Stored entries:
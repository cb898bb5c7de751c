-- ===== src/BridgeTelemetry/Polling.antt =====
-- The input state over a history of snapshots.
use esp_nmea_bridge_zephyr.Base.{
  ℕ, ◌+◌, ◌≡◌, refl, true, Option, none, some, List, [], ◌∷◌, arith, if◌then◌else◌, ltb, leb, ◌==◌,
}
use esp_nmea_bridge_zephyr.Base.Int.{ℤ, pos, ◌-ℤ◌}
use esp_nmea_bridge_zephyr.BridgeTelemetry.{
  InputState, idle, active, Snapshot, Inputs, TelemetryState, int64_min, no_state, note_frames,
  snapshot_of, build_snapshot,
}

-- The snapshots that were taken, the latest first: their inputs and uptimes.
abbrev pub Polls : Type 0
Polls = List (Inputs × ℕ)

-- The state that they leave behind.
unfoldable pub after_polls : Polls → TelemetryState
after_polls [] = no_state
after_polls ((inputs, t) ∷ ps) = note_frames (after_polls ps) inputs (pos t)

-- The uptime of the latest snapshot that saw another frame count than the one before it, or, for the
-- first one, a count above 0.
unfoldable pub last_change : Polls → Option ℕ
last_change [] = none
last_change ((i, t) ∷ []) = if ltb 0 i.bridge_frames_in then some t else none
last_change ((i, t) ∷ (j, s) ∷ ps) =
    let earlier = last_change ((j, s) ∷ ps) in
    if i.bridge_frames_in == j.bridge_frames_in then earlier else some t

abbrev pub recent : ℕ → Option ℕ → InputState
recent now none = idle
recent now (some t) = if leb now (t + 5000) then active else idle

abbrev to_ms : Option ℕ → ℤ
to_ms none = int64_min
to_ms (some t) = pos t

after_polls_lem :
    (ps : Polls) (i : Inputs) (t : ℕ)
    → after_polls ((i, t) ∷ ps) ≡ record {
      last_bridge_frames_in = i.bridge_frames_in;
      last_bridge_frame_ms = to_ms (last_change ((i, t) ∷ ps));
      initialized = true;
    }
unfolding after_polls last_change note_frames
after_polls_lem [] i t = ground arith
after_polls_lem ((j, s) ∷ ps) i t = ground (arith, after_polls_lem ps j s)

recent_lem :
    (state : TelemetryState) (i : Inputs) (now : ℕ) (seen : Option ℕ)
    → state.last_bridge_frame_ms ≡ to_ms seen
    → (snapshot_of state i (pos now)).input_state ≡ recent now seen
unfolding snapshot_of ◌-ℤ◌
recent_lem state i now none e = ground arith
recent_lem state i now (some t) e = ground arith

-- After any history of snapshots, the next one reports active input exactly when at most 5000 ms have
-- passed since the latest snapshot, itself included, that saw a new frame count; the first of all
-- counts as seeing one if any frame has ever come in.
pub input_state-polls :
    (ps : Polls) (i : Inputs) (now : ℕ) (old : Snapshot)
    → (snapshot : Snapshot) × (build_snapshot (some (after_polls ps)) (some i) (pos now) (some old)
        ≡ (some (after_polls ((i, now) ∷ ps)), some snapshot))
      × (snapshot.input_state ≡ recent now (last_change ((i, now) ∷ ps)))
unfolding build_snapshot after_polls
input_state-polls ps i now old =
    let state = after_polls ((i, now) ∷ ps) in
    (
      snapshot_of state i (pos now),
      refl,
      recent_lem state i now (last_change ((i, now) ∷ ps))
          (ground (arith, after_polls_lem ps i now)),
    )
---
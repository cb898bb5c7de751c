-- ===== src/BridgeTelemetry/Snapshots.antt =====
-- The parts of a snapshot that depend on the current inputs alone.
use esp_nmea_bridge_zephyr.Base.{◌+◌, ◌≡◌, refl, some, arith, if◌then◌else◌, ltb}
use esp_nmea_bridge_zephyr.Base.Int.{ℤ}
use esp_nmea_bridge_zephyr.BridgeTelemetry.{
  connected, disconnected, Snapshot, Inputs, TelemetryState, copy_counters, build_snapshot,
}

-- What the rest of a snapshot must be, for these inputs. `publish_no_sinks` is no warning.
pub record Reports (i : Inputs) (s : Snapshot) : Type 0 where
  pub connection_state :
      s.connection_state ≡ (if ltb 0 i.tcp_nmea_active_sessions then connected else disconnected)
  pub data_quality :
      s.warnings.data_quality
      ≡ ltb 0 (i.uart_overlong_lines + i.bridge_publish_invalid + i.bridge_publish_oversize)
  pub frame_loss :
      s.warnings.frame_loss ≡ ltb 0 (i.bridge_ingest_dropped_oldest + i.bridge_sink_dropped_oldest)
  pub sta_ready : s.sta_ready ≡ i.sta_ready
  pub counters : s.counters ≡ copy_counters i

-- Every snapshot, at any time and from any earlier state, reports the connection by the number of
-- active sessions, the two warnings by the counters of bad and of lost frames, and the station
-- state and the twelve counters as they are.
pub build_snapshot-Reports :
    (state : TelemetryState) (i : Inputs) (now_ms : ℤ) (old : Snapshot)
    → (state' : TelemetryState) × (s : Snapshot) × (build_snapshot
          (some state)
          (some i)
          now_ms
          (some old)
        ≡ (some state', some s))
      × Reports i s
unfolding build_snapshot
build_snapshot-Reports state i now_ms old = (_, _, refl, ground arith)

◆ **PROMPT**:
In the entries above, find lines with "latest" and copy each.

◆ **TASK ANSWER**:
-- The snapshots that were taken, the latest first: their inputs and uptimes.
-- The uptime of the latest snapshot that saw another frame count than the one before it, or, for the
-- passed since the latest snapshot, itself included, that saw a new frame count; the first of all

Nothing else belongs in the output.